If I'm reading this correctly they switched from regular pages with CTAs to
AMP pages without CTAs. Seemingly this test was designed to fail.

------
lpasselin
The analysis on the google analytics data seems a bit biased against AMP.

\- decrease in average positions in SERPs on mobile \- decrease in CTR on
mobile \- higher number of impressions \- slight increase in total clicks

These measures are correlated. You can't just add them all together.

More impressions with the same amount of clicks means CTR (click through rate)
will drop. Average position should also drop.

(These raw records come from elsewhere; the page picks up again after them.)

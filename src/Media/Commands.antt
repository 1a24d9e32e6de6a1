-- ===== src/Media/Commands.antt =====
-- The commands of the media layer (xztl/src/ztl-media.c): `znd_media_submit_io`,
-- `znd_media_zone_mgmt` but for its counter of resets, and the completion callback. The calls of xnvme are
-- parameters. An outer `none` is the use of a null pointer.
use x_ztl.Common.{
  ℕ, ◌+◌, ◌-◌, ◌*◌, ◌%◌, ◌^◌, Bool, true, false, ltb, ◌==◌, if◌then◌else◌, Option, none, some,
  ◌>>=◌,
}
use x_ztl.Consts.{xztl_ok}
use x_ztl.Addr.{Maddr}
use x_ztl.Media.{mul32}

-- enum xztl_media_opcodes
abbrev pub xztl_cmd_write : ℕ
xztl_cmd_write = 0x01

abbrev pub xztl_cmd_read : ℕ
xztl_cmd_read = 0x02

abbrev pub xztl_zone_append : ℕ
xztl_zone_append = 0x7d

abbrev pub xztl_zone_mgmt_close : ℕ
xztl_zone_mgmt_close = 0x1

abbrev pub xztl_zone_mgmt_finish : ℕ
xztl_zone_mgmt_finish = 0x2

abbrev pub xztl_zone_mgmt_open : ℕ
xztl_zone_mgmt_open = 0x3

abbrev pub xztl_zone_mgmt_reset : ℕ
xztl_zone_mgmt_reset = 0x4

abbrev pub xztl_zone_mgmt_report : ℕ
xztl_zone_mgmt_report = 0xf

-- enum znd_media_error
abbrev pub znd_invalid_opcode : ℕ
znd_invalid_opcode = 0x3

abbrev pub znd_media_report_err : ℕ
znd_media_report_err = 0x4

-- struct xztl_io_mcmd, as far as the media reads and writes it; `async_ctx` is the queue of its thread.
pub record IoMcmd : Type 0 where
  pub opcode : ℕ
  pub synch : Bool
  pub status : ℕ
  pub nsec : ℕ
  pub addr : Maddr
  pub prp : ℕ
  pub paddr : ℕ
  pub async_ctx : ℕ
  pub media_ctx : Option ℕ

-- struct xztl_zn_mcmd; `opaque` is the report that it gets.
pub record ZnMcmd : Type 0 where
  pub opcode : ℕ
  pub status : ℕ
  pub addr : Maddr
  pub nzones : ℕ
  pub opaque : Option ℕ

-- `zndmedia.dev` and `zndmedia.dev_read`
pub data Device : Type 0 where
  dev dev_read : Device

-- The actions XNVME_SPEC_ZND_CMD_MGMT_SEND_…
pub data MgmtAction : Type 0 where
  send_close send_finish send_open send_reset : MgmtAction

-- xnvme over the state of the device and its queues: a command context is a number, `none` where a
-- context is null, or is that of a synchronous call.
pub record Xnvme (W : Type 0) : Type 0 where
  pub get_cmd_ctx : W → ℕ → Option ℕ × W
  pub put_cmd_ctx : W → ℕ → ℕ → W
  pub nvm_read : W → Option ℕ → Device → ℕ → ℕ → ℕ → ℕ × W
  pub nvm_write : W → Option ℕ → Device → ℕ → ℕ → ℕ → ℕ × W
  pub znd_append : W → Option ℕ → ℕ → ℕ → ℕ → ℕ × W
  pub znd_mgmt_send : W → ℕ → Bool → MgmtAction → ℕ × ℕ × W
  pub znd_report_from_dev : W → Option ℕ × W

-- `(uint16_t)cmd->nsec - 1`, as a number of blocks that counts from 0.
abbrev pub zero_based : ℕ → ℕ
zero_based nsec = (nsec % 2 ^ 16 + 2 ^ 16 - 1) % 2 ^ 16

-- The zones before an address, times `nsect`: by `nzone` in zone management, and by `geo.zn_grp` in an append.
abbrev pub zone_lba : ℕ → ℕ → Maddr → ℕ
zone_lba per_grp nsect a = (mul32 per_grp a.grp + a.zone) % 2 ^ 32 * nsect

-- The `uint32_t lba` of `znd_media_zone_manage`, and the `uint64_t zlba` of an append.
unfoldable pub manage_lba : ℕ → ℕ → Maddr → ℕ
manage_lba nzone nsect a = zone_lba nzone nsect a % 2 ^ 32

unfoldable pub append_lba : ℕ → ℕ → Maddr → ℕ
append_lba zn_grp nsect a = zone_lba zn_grp nsect a % 2 ^ 64

module _ {W : Type 0} (x : Xnvme W) (has_dev_read : Bool) where
  -- `(zndmedia.dev_read) ? zndmedia.dev_read : zndmedia.dev`
  unfoldable pub read_device : Device
  read_device = if has_dev_read then dev_read else dev

  -- The three asynchronous submissions: `call` is that of xnvme, and `puts` whether a failed one gives
  -- its context back.
  unfoldable pub submit_asynch :
      Bool → (W → Option ℕ → ℕ × W) → W → IoMcmd → Option (ℕ × IoMcmd × W)
  submit_asynch puts call w cmd = do
    let (got, w1) = x.get_cmd_ctx w cmd.async_ctx
    ctx ← got
    let cmd' = record cmd { media_ctx = some ctx }
    let (ret, w2) = call w1 (some ctx)
    let back = (if puts then x.put_cmd_ctx w2 cmd.async_ctx ctx else w2)
    some (ret, cmd', if ret == 0 then w2 else back)

  unfoldable pub submit_read_synch : W → IoMcmd → Option (ℕ × IoMcmd × W)
  unfolding read_device
  submit_read_synch w cmd =
      let (ret, w1) = x.nvm_read w none read_device cmd.addr.sect (zero_based cmd.nsec) cmd.prp in
      some (ret, cmd, w1)

  unfoldable pub submit_read_asynch : W → IoMcmd → Option (ℕ × IoMcmd × W)
  unfolding submit_asynch read_device
  submit_read_asynch w cmd =
      submit_asynch true
        (λ u c. x.nvm_read u c read_device cmd.addr.sect (zero_based cmd.nsec) cmd.prp) w cmd

  unfoldable pub submit_write_asynch : W → IoMcmd → Option (ℕ × IoMcmd × W)
  unfolding submit_asynch
  submit_write_asynch w cmd =
      submit_asynch true (λ u c. x.nvm_write u c dev cmd.addr.sect (zero_based cmd.nsec) cmd.prp) w
        cmd

  -- The append is sent where XZTL_WRITE_APPEND is 0, as it is.
  unfoldable pub submit_append_asynch : ℕ → ℕ → W → IoMcmd → Option (ℕ × IoMcmd × W)
  unfolding submit_asynch
  submit_append_asynch zn_grp nsect w cmd =
      submit_asynch false
        (λ u c. x.znd_append u c (append_lba zn_grp nsect cmd.addr) (zero_based cmd.nsec) cmd.prp) w
        cmd

  -- `znd_media_submit_io`; appends and writes cannot be synchronous.
  unfoldable pub submit_io : ℕ → ℕ → W → IoMcmd → Option (ℕ × IoMcmd × W)
  unfolding submit_read_synch submit_read_asynch submit_write_asynch submit_append_asynch
  submit_io zn_grp nsect w cmd =
      let refused : Option (ℕ × IoMcmd × W) = some (znd_invalid_opcode, cmd, w) in
      if cmd.opcode == xztl_zone_append
      then (if cmd.synch then refused else submit_append_asynch zn_grp nsect w cmd)
      else if cmd.opcode == xztl_cmd_read
      then (if cmd.synch then submit_read_synch w cmd else submit_read_asynch w cmd)
      else if cmd.opcode == xztl_cmd_write
      then (if cmd.synch then refused else submit_write_asynch w cmd)
      else refused

  -- `znd_media_async_cb` of a command whose completion has this status and this result in the eight bytes from cdw0, with the
  -- command's own callback, which may submit it again.
  unfoldable pub async_cb :
      ℕ → ℕ → (W → IoMcmd → Option (IoMcmd × W)) → W → IoMcmd → Option (IoMcmd × W)
  async_cb cpl_status cdw0 callback w cmd = do
    let status = cpl_status % 2 ^ 16
    let appended =
        (if status == 0
          then (if cmd.opcode == xztl_zone_append then cdw0 else cmd.paddr)
          else cmd.paddr)
    let paddr = (if cmd.opcode == xztl_cmd_write then cmd.addr.sect else appended)
    (cmd', w1) ← callback w (record cmd { status = status; paddr = paddr })
    ctx ← cmd'.media_ctx
    some (cmd', x.put_cmd_ctx w1 cmd'.async_ctx ctx)

  -- `znd_media_zone_manage`
  unfoldable pub zone_manage : ℕ → ℕ → MgmtAction → W → ZnMcmd → ℕ × ZnMcmd × W
  zone_manage nzone nsect op w cmd =
      let lba = manage_lba nzone nsect cmd.addr in
      let (ret, cpl_status, w1) = x.znd_mgmt_send w lba (ltb 1 cmd.nzones) op in
      (ret, record cmd { status = if ret == 0 then xztl_ok else cpl_status % 2 ^ 8 }, w1)

  unfoldable pub zone_report : W → ZnMcmd → ℕ × ZnMcmd × W
  zone_report w cmd =
      let (rep, w1) = x.znd_report_from_dev w in
      elim rep [
        | none ↦ (znd_media_report_err, cmd, w1)
        | some r ↦ (xztl_ok, record cmd { opaque = some r }, w1)
      ]

  -- `znd_media_zone_mgmt`
  unfoldable pub zone_mgmt : ℕ → ℕ → W → ZnMcmd → ℕ × ZnMcmd × W
  unfolding zone_manage zone_report
  zone_mgmt nzone nsect w cmd =
      if cmd.opcode == xztl_zone_mgmt_close
      then zone_manage nzone nsect send_close w cmd
      else if cmd.opcode == xztl_zone_mgmt_finish
      then zone_manage nzone nsect send_finish w cmd
      else if cmd.opcode == xztl_zone_mgmt_open
      then zone_manage nzone nsect send_open w cmd
      else if cmd.opcode == xztl_zone_mgmt_reset
      then zone_manage nzone nsect send_reset w cmd
      else if cmd.opcode == xztl_zone_mgmt_report
      then zone_report w cmd
      else (znd_invalid_opcode, cmd, w)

In this case we see a slight increase in total clicks and almost double
impressions!

What if adding AMP makes Google show your site to a wider range of audience
(more variance on target audience), while assigning your pages a lower weight
(average position). You would get this behaviour. Lower average position but
more clicks. This could lower your account creation and similar metrics
because users are less interested.

What I mean is for some websites, getting more clicks would be great. If your
total clicks is the goal, you would like these results (ex: page with ads).
For search users, this is not good because we are shown pages that are less
relevant.

I would like more explanations on mobile leads, account creation, and
newsletter email sign-ups dropped. Why not show plots? Are these compared to
total from previous months or percentages? We should also need to be able to
compare both websites (mobile vs AMP) to see if there are any major
differences.

I am not an SEO expert or web designer but I personally use AMP on my modest
website. I don't even have a desktop version. Only AMP. It is simpler that way
and took only an afternoon (for a css noob) to switch. What made me switch was
their amp-img carousel lightbox. They are simple to use and just work. I tried
a plethora of css/js carousel or album viewers and chose AMP. Bonus page speed
and better mobile search cards.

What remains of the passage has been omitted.